Another potential issue introduced with the use of on-prem DNS server, is the resolution of single-label hostname of the nodes. This is not just an issue in the context of AKS. It is a generic issue with VMs running on a V-Net pointing to on-prem DNS, as explained in detail here.

In this situation, we should use the fully qualified hostname instead of single-label hostname. The fully qualified hostname with DNS suffix can help the on-prem server to configure conditional forwarding. For example, when the DNS suffix is *.internal.cloudapp.net, then forward it to Azure’s virtual internal DNS server 168.63.129.16 which can resolve the hostname.

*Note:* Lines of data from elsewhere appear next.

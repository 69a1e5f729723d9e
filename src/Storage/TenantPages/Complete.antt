-- ===== src/Storage/TenantPages/Complete.antt =====
-- internal/storage/postgres/identity.go: the pages of `ListTenantsPage` are the whole table.
use mathlib.Core.Path.{subst}
use urbino.Base.{
  ◌≡◌, refl, ap, ◌∙◌, sym, inl, inr, ℕ, zero, suc, ◌+◌, ◌-◌, ◌<◌, ◌≤◌, true, false, ◌==◌, List, [],
  ◌∷◌, ◌++◌, Option, none, some, Bool-cases, arith, leb, ltb, take, length, length-append,
  get_elem?,
}
use urbino.Base.Text.{Text, is_empty, All}
use urbino.Base.Result.{ok}
use urbino.Domain.Uuid.{Uuid}
use urbino.Domain.Uuid.Printed.{parse_uuid-to_string}
use urbino.Domain.Scopes.{Tenant}
use urbino.Auth.Time.{Time}
use urbino.Storage.Database.{TenantRow, Database, Session, list_tenants}
use urbino.Storage.KeyReads.{filter_rows, insert_row, order_by}
use urbino.Storage.TenantPages.{
  CursorForm, decode_tenant_cursor, encode_tenant_cursor, tenant_before, is_after, cursor_of,
  tenant_page_limit, page_from, list_tenants_page,
}
use urbino.Storage.TenantPages.Order.{order_by-IsSorted, order_by-filter}
use urbino.Storage.TenantPages.Before.{tenant_before_total, tenant_before_trans}
use urbino.Storage.TenantPages.Walk.{
  walk, tenants_of, IsDistinct, IsListed, order_by-All, order_by-IsDistinct, All-later, rows_after,
  Sorted, later_than,
}

take_all : {A : Type 0} (n : ℕ) (rows : List A) → length rows ≤ n → take n rows ≡ rows
take_all zero [] h = refl
take_all zero (r ∷ rows) h = absurd (omega arith)
take_all (suc n) [] h = refl
take_all (suc n) (r ∷ rows) h = ap (λ rest. r ∷ rest) (take_all n rows (omega arith))

-- A full page of `n + 1` rows out of more than that.
record IsCut {A : Type 0} (n : ℕ) (rows : List A) : Type 0 where
  pub front : List A
  pub last : A
  pub back : List A
  pub whole : rows ≡ front ++ last ∷ back
  pub page : take (suc n) (take (suc (suc n)) rows) ≡ front ++ last ∷ []
  pub at_end : get_elem? (take (suc (suc n)) rows) n ≡ some last
  pub too_many : suc n < length (take (suc (suc n)) rows)

cut : {A : Type 0} (n : ℕ) (rows : List A) → suc n < length rows → IsCut n rows
cut n [] h = absurd (omega arith)
cut n (r ∷ []) h = absurd (omega arith)
cut zero (r ∷ s ∷ rows) h = record {
  front = [];
  last = r;
  back = s ∷ rows;
  whole = refl;
  page = refl;
  at_end = refl;
  too_many = omega arith;
}
cut (suc n) (r ∷ s ∷ rows) h =
    let c = cut n (s ∷ rows) (omega arith) in
    record {
      front = r ∷ c.front;
      last = c.last;
      back = c.back;
      whole = ap (λ rest. r ∷ rest) c.whole;
      page = ap (λ rest. r ∷ rest) c.page;
      at_end = c.at_end;
      too_many = omega (arith, c.too_many);
    }

regroup : {A : Type 0} (xs ys zs : List A) → xs ++ (ys ++ zs) ≡ (xs ++ ys) ++ zs
regroup [] ys zs = refl
regroup (x ∷ xs) ys zs = ap (λ rest. x ∷ rest) (regroup xs ys zs)

append_snoc :
    {A : Type 0} (front : List A) (last : A) (back : List A)
    → (front ++ last ∷ []) ++ back ≡ front ++ last ∷ back
append_snoc [] last back = refl
append_snoc (r ∷ front) last back = ap (λ rest. r ∷ rest) (append_snoc front last back)

tenants_of-append :
    (xs ys : List TenantRow) → tenants_of xs ++ tenants_of ys ≡ tenants_of (xs ++ ys)
tenants_of-append [] ys = refl
tenants_of-append (r ∷ xs) ys = ap (λ rest. r.tenant ∷ rest) (tenants_of-append xs ys)

-- The cursor of a listed row comes back as its time and its identifier.
cursor_of-listed :
    (form : CursorForm) (r : TenantRow) (l : IsListed form r)
    → cursor_of form l.text ≡ ok (some (r.created_at, r.tenant.id))
unfolding decode_tenant_cursor
cursor_of-listed form r l =
    let positive : (r.created_at == 0) ≡ false = ground (arith, l.created) in
    rw (l.not_empty, l.read_back, positive, (parse_uuid-to_string r.tenant.id l.identified).1) refl

encode-listed :
    (form : CursorForm) (r : TenantRow) (l : IsListed form r)
    → encode_tenant_cursor form r ≡ ok l.text
unfolding encode_tenant_cursor
encode-listed form r l = rw l.written refl

length-insert_row :
    (r : TenantRow) (rows : List TenantRow)
    → length (insert_row tenant_before r rows) ≡ suc (length rows)
unfolding insert_row
length-insert_row r [] = refl
length-insert_row r (s ∷ rows) = elim (Bool-cases (tenant_before r s)) [
  | inl first ↦ rw first refl
  | inr later ↦ rw later (ap suc (length-insert_row r rows))
]

length-order_by : (rows : List TenantRow) → length (order_by tenant_before rows) ≡ length rows
unfolding order_by
length-order_by [] = refl
length-order_by (r ∷ rows) =
    length-insert_row r (order_by tenant_before rows) ∙ ap suc (length-order_by rows)

page_size-suc : (limit : ℕ) → (n : ℕ) × (tenant_page_limit limit ≡ suc n)
page_size-suc zero = (49, refl)
page_size-suc (suc n) =
    let some_rows : (suc n == 0) ≡ false = ground arith in
    elim (Bool-cases (ltb 100 (suc n))) [
      | inl large ↦ rw (some_rows, large) (49, refl)
      | inr fits ↦ rw (some_rows, fits) (n, refl)
    ]

short_page :
    (form : CursorForm) (n : ℕ) (rows : List TenantRow)
    → length rows ≤ suc n
    → page_from form (suc n) (take (suc (suc n)) rows) ≡ ok (tenants_of rows, [])
unfolding page_from
short_page form n rows h =
    let few : leb (length rows) (suc n) ≡ true = ground arith in
    rw (take_all (suc (suc n)) rows (omega arith), few) refl

full_page :
    (form : CursorForm) (n : ℕ) (rows : List TenantRow) (c : IsCut n rows)
    (l : IsListed form c.last)
    → page_from form (suc n) (take (suc (suc n)) rows)
      ≡ ok (tenants_of (c.front ++ c.last ∷ []), l.text)
unfolding page_from
full_page form n rows c l =
    let many : leb (length (take (suc (suc n)) rows)) (suc n) ≡ false =
      ground (arith, c.too_many) in
    let before_end : suc n - 1 ≡ n = omega arith in
    rw (many, before_end, c.at_end, encode-listed form c.last l, c.page) refl

module _ (form : CursorForm) (limit : ℕ) (session : Session) (db : Database)
    (accepts : session.faults list_tenants ≡ none) (distinct : IsDistinct db.tenants)
    (listed : All (IsListed form) db.tenants) where
  abbrev in_order : List TenantRow
  in_order = order_by tenant_before db.tenants

  page_of :
      (raw : Text) (bound : Option (Time × Uuid)) (ys : List TenantRow) (n : ℕ)
      → cursor_of form raw ≡ ok bound
      → order_by tenant_before (filter_rows (is_after bound) db.tenants) ≡ ys
      → tenant_page_limit limit ≡ suc n
      → list_tenants_page form limit raw session db ≡ page_from form (suc n) (take (suc (suc n)) ys)
  unfolding list_tenants_page
  page_of raw bound ys n c rows size =
      let one_more : suc n + 1 ≡ suc (suc n) = omega arith in
      rw (c, accepts, size, rows, one_more) refl

  walk_step :
      (pages : ℕ) (raw text : Text) (ts rest : List Tenant)
      → list_tenants_page form limit raw session db ≡ ok (ts, text)
      → is_empty text ≡ false
      → walk form limit session db pages text ≡ ok rest
      → walk form limit session db (suc pages) raw ≡ ok (ts ++ rest)
  unfolding walk
  walk_step pages raw [] ts rest page more h = cc
  walk_step pages raw (b ∷ text) ts rest page more h = rw (page, h) refl

  -- From a cursor whose rows are the last ones of the order, the walk gives these rows.
  walk_from :
      (n pages : ℕ) (pre ys : List TenantRow) (raw : Text) (bound : Option (Time × Uuid))
      → tenant_page_limit limit ≡ suc n
      → in_order ≡ pre ++ ys
      → cursor_of form raw ≡ ok bound
      → order_by tenant_before (filter_rows (is_after bound) db.tenants) ≡ ys
      → length ys < pages
      → walk form limit session db pages raw ≡ ok (tenants_of ys)
  unfolding walk
  walk_from n zero pre ys raw bound size whole c rows enough = absurd (omega arith)
  walk_from n (suc pages) pre ys raw bound size whole c rows enough =
      elim (Bool-cases (ltb (suc n) (length ys))) [
        | inr few ↦
            rw (page_of raw bound ys n c rows size, short_page form n ys (ground (arith, few))) refl
        | inl many ↦
            let k = cut n ys (ground (arith, many)) in
            let split : in_order ≡ (pre ++ k.front) ++ k.last ∷ k.back =
              whole ∙ ap (λ zs. pre ++ zs) k.whole ∙ regroup pre k.front (k.last ∷ k.back) in
            let l : IsListed form k.last =
              All-later (IsListed form) (pre ++ k.front) k.back k.last (
                subst (All (IsListed form)) split
                  (order_by-All (IsListed form) db.tenants listed)) in
            let after : order_by tenant_before (filter_rows (later_than k.last) db.tenants)
                ≡ k.back =
              order_by-filter tenant_before tenant_before_total tenant_before_trans
                (later_than k.last) db.tenants
              ∙ ap (filter_rows (later_than k.last)) split
              ∙ rows_after (pre ++ k.front) k.back k.last
                  (subst Sorted split (
                    order_by-IsSorted tenant_before tenant_before_total tenant_before_trans
                      db.tenants))
                  (subst IsDistinct split (order_by-IsDistinct db.tenants distinct)) in
            let fewer : length k.back < pages =
              omega (arith, ap length k.whole, length-append k.front (k.last ∷ k.back), enough) in
            let split' : in_order ≡ (pre ++ (k.front ++ k.last ∷ [])) ++ k.back =
              whole
              ∙ ap (λ zs. pre ++ zs) (k.whole ∙ sym (append_snoc k.front k.last k.back))
              ∙ regroup pre (k.front ++ k.last ∷ []) k.back in
            let rest =
              walk_from n pages (pre ++ (k.front ++ k.last ∷ [])) k.back l.text
                (some (k.last.created_at, k.last.tenant.id)) size split'
                (cursor_of-listed form k.last l) after fewer in
            walk_step pages raw l.text (tenants_of (k.front ++ k.last ∷ [])) (tenants_of k.back)
              (page_of raw bound ys n c rows size ∙ full_page form n ys k l) l.not_empty rest
            ∙ ap ok (
                tenants_of-append (k.front ++ k.last ∷ []) k.back
                ∙ ap tenants_of (append_snoc k.front k.last k.back ∙ sym k.whole))
      ]

  keep_every : (rows : List TenantRow) → filter_rows (is_after none) rows ≡ rows
  unfolding filter_rows
  keep_every [] = refl
  keep_every (r ∷ rows) = ap (λ rest. r ∷ rest) (keep_every rows)

  first_rows : order_by tenant_before (filter_rows (is_after none) db.tenants) ≡ in_order
  first_rows = ap (order_by tenant_before) (keep_every db.tenants)

  -- A client that follows the cursors from the first page on, over a table that does not change, whose
  -- identifiers are distinct and whose cursors are read back as they were written, when no read fails,
  -- gets the rows of the table, in the order of their creation and each where the order has it, within
  -- one page more than there are tenants, whatever the size of a page.
  pub walk_complete :
      (pages : ℕ)
      → length db.tenants < pages
      → walk form limit session db pages [] ≡ ok (tenants_of (order_by tenant_before db.tenants))
  walk_complete pages enough =
      let (n, size) = page_size-suc limit in
      let short : length in_order < pages = omega (arith, length-order_by db.tenants, enough) in
      walk_from n pages [] in_order [] none size refl refl first_rows short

If only the Pods need to resolve those FQDNs, then we can configure Core-DNS with conditional forwarding, which will take effect only at the cluster level without the need for changing the on-prem DNS. The Core-DNS configuration looks like this:

apiVersion: v1
kind: ConfigMap
metadata:
  name: coredns-custom # this is the name of the configmap you can overwrite with your changes
  namespace: kube-system
data:
  cloudapp.override: | # you may select any name here, but it must end with the .override file extension
    log
    rewrite continue {
      name regex ^(.*[0-9]{7}-vmss[0-9]{6})$ {1}.internal.cloudapp.net
      answer name ^(.*)\.internal\.cloudapp\.net$ {1}
    }
    forward internal.cloudapp.net 168.63.129.16
  cloudapp.server: |
    internal.cloudapp.net:53 {
      errors
      log
      cache 10
      forward . 168.63.129.16
    }

Alternatively, use Pod DNS policy so that the Pod can use an external DNS server.

Initial Service Account

When a cluster is created, an Azure AD user or group can be assigned as cluster administrator. For a CI/CD pipeline to interact with the newly created cluster, a service account in Kubernetes is needed. Suppose we use Terraform to create the AKS cluster, we can create such service account automatically with the Kubernetes provider. This requires that the Terraform execution environment to have network access to the cluster. If the AKS cluster is located in a private network, then the agent where Terraform CLI runs should also be on the network. Alternatively, use Terraform Enterprise hosted in an environment with access to the cluster’s network.

Integration with Azure KeyVault

Azure Key Vault can store several types of secrets, key value pair, X509 keys and certificate. When AKV is integrated with an AKS cluster, the Kubernetes workload can access the secrets as mounted volumes, using CRD named SecretProviderClass. Further, they can be presented as Kubernetes Secret, using a Pod to sync between mounted content and Secret. AKV has three types of entries: key, certificate and secret (key-value). The certificate entry requires both key and certificate are stored, with optional certificate chain. In my opinion this is an over design. Unless we need Azure to manage the certificate (e.g. rotation) I would simply use secret to store my own X509 key and certificate.